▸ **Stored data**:
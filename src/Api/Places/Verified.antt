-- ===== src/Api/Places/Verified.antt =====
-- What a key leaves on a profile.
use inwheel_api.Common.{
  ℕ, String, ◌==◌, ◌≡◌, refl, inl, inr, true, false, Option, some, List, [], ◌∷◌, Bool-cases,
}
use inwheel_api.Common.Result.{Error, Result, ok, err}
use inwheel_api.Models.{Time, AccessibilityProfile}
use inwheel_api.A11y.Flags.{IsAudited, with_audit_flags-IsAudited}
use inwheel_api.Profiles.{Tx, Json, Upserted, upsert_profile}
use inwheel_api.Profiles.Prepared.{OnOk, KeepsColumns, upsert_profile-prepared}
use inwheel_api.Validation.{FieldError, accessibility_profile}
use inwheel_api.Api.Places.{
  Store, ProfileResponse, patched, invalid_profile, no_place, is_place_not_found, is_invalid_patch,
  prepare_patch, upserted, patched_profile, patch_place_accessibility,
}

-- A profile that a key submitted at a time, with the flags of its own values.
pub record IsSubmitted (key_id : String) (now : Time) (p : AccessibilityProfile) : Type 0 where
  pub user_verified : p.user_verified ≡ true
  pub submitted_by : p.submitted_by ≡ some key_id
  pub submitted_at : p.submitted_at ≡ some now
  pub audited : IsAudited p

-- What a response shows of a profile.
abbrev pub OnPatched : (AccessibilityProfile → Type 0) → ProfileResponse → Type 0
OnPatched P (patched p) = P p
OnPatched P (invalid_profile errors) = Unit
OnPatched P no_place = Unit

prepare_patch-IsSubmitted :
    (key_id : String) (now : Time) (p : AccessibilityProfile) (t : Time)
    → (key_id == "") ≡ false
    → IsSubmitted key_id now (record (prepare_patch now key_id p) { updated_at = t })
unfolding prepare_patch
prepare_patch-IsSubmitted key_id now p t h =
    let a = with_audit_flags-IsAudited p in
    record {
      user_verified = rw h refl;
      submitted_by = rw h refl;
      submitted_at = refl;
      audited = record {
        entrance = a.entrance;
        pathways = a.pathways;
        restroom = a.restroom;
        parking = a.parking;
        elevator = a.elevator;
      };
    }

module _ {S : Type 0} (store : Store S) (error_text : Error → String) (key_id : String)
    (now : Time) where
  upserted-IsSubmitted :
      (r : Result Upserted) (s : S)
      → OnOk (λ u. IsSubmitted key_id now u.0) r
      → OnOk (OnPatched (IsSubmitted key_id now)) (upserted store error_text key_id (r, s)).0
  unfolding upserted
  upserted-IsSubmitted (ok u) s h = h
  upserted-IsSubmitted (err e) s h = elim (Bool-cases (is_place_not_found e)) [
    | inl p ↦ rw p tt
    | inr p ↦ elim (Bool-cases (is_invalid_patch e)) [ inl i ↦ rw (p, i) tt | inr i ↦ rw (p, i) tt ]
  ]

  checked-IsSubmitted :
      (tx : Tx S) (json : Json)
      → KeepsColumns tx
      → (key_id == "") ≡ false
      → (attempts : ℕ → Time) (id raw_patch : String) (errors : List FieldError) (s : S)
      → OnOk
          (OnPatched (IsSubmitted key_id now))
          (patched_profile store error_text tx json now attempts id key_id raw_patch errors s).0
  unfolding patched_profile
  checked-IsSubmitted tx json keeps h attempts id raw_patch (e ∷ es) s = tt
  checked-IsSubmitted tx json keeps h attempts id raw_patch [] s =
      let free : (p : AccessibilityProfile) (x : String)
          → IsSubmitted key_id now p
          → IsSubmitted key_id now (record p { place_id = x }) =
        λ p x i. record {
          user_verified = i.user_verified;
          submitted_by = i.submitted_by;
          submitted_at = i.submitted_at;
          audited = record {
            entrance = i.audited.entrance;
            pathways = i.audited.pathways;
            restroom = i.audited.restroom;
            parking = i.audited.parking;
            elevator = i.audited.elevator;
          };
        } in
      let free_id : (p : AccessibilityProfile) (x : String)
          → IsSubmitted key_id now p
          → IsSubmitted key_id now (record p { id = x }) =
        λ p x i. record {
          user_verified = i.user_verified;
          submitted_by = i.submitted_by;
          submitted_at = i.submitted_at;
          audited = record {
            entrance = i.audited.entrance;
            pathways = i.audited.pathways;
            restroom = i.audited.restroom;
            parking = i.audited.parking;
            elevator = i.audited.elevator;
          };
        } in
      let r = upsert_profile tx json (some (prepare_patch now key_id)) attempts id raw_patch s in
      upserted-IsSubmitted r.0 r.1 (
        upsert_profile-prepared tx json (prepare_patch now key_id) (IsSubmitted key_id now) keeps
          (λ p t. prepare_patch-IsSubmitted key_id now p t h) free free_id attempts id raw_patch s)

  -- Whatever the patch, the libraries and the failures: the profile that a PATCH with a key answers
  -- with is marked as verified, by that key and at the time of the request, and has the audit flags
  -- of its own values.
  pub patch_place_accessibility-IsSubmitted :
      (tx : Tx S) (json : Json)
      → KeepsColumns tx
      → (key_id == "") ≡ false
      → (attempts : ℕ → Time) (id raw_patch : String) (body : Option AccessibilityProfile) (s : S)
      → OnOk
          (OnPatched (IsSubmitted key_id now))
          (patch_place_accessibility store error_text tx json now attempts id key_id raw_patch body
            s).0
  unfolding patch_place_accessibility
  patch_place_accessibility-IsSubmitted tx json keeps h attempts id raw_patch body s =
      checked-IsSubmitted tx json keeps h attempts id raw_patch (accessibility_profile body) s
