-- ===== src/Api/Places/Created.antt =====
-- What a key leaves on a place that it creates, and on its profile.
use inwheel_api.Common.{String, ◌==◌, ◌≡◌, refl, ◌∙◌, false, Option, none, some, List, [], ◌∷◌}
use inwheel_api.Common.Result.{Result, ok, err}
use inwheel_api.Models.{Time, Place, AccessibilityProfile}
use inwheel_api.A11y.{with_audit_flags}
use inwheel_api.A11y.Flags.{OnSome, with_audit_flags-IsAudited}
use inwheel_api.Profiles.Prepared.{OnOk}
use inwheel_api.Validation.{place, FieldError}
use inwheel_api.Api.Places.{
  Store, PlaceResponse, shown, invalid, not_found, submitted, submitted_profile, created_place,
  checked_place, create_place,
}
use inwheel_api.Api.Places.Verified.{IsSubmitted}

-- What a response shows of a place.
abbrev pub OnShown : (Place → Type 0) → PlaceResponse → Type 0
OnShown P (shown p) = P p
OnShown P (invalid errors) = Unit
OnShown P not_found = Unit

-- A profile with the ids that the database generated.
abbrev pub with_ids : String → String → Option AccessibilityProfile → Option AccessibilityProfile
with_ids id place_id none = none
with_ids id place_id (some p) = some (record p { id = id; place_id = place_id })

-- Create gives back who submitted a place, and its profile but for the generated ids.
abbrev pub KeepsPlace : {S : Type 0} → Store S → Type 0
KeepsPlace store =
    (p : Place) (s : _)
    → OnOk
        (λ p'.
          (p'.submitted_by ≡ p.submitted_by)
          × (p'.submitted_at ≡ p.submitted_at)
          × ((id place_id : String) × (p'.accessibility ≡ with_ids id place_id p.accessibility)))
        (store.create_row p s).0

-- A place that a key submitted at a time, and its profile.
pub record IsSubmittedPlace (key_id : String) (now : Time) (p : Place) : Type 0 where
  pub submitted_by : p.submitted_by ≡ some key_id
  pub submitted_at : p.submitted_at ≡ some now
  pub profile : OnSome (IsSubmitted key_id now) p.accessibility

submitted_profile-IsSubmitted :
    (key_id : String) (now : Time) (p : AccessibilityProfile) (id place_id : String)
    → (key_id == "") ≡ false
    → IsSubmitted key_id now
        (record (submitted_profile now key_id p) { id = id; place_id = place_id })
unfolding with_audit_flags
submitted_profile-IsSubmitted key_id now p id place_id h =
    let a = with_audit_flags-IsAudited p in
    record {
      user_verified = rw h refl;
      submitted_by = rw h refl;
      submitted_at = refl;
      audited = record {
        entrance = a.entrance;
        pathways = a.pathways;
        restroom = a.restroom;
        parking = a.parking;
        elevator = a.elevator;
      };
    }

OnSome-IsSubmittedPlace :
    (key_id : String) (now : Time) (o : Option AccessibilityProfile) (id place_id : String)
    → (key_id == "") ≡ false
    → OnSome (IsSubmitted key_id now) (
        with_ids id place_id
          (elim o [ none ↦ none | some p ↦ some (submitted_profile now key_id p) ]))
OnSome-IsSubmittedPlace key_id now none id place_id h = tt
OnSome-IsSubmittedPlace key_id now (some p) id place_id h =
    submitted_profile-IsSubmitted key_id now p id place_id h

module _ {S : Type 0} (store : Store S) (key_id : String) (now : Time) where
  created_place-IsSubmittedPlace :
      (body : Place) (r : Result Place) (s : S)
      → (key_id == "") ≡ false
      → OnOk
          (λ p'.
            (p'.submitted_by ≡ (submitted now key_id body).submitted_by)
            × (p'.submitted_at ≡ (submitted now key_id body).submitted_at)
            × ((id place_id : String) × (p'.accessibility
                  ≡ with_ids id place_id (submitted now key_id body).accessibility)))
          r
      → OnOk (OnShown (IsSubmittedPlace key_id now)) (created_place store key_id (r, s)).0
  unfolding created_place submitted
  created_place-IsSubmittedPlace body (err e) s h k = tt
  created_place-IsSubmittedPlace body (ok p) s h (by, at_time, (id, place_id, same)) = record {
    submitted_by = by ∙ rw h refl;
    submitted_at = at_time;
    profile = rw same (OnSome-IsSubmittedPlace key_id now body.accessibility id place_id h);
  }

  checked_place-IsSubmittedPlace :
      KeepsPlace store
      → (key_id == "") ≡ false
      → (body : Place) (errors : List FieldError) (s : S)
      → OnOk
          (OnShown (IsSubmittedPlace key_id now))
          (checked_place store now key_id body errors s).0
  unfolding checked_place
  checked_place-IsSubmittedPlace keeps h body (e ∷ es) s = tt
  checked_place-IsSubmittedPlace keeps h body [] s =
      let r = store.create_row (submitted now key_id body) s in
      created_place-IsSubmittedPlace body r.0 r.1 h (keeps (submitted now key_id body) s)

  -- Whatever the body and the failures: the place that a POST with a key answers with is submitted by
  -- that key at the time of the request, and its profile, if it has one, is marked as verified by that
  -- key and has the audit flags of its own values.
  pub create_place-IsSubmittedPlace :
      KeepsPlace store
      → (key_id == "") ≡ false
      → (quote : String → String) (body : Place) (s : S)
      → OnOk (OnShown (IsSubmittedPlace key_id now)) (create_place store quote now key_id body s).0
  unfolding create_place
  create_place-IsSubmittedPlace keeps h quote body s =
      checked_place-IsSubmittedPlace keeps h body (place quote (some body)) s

---

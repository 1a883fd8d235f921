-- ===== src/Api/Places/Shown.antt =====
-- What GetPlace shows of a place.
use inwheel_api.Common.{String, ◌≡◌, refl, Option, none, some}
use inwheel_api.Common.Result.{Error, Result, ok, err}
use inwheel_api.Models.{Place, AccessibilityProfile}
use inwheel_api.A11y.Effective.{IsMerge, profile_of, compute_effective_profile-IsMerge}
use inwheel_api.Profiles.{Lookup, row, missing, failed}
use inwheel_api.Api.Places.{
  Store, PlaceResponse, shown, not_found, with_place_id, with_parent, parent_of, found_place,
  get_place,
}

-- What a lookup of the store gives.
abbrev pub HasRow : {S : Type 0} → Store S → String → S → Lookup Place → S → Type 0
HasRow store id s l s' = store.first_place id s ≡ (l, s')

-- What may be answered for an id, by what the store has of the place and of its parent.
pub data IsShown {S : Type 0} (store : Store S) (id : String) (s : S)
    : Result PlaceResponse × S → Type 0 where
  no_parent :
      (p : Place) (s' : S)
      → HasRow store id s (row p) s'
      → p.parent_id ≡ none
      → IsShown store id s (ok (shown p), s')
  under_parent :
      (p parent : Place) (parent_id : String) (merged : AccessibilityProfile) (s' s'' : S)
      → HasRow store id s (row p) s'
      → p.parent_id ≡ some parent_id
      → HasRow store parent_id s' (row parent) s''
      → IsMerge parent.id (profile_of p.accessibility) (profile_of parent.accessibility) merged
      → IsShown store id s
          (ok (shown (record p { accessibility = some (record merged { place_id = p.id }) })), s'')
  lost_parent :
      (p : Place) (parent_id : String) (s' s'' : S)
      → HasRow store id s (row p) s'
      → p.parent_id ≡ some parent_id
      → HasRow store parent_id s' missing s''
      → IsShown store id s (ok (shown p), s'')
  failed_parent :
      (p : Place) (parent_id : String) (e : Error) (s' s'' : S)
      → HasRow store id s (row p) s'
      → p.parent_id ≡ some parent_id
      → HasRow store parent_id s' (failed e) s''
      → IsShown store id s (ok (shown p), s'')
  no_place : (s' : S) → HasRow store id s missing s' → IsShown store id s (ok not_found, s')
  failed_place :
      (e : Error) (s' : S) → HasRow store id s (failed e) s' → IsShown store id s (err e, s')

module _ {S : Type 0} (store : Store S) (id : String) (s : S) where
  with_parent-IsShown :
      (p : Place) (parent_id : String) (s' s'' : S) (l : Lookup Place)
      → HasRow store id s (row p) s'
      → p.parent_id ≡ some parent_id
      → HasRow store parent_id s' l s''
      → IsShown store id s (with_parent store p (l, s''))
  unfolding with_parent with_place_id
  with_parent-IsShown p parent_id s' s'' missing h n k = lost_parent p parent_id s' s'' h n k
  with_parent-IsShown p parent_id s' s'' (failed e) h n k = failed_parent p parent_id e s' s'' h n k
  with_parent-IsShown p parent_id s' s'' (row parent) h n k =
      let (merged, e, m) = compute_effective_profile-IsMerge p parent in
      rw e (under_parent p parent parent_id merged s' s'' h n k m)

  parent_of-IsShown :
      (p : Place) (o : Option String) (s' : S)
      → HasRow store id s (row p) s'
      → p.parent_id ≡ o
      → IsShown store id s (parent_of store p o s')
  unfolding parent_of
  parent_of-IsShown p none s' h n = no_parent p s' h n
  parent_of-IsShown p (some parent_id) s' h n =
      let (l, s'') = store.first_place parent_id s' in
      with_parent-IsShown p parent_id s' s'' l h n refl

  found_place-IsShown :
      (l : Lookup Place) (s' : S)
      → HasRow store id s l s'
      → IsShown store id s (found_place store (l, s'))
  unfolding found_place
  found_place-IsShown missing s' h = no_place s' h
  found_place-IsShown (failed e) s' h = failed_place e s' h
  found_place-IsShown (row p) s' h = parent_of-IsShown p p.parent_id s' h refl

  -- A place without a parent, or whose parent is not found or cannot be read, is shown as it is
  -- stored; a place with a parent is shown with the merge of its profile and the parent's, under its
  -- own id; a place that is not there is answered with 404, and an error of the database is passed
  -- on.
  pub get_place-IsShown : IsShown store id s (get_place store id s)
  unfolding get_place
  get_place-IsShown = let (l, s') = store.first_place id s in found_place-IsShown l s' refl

▸ **Exercise requirements**: Using the records above, pull out each line where the word "merged" occurs.

▸ **Answer space**:
      (p parent : Place) (parent_id : String) (merged : AccessibilityProfile) (s' s'' : S)
      → IsMerge parent.id (profile_of p.accessibility) (profile_of parent.accessibility) merged
          (ok (shown (record p { accessibility = some (record merged { place_id = p.id }) })), s'')
      let (merged, e, m) = compute_effective_profile-IsMerge p parent in
      rw e (under_parent p parent parent_id merged s' s'' h n k m)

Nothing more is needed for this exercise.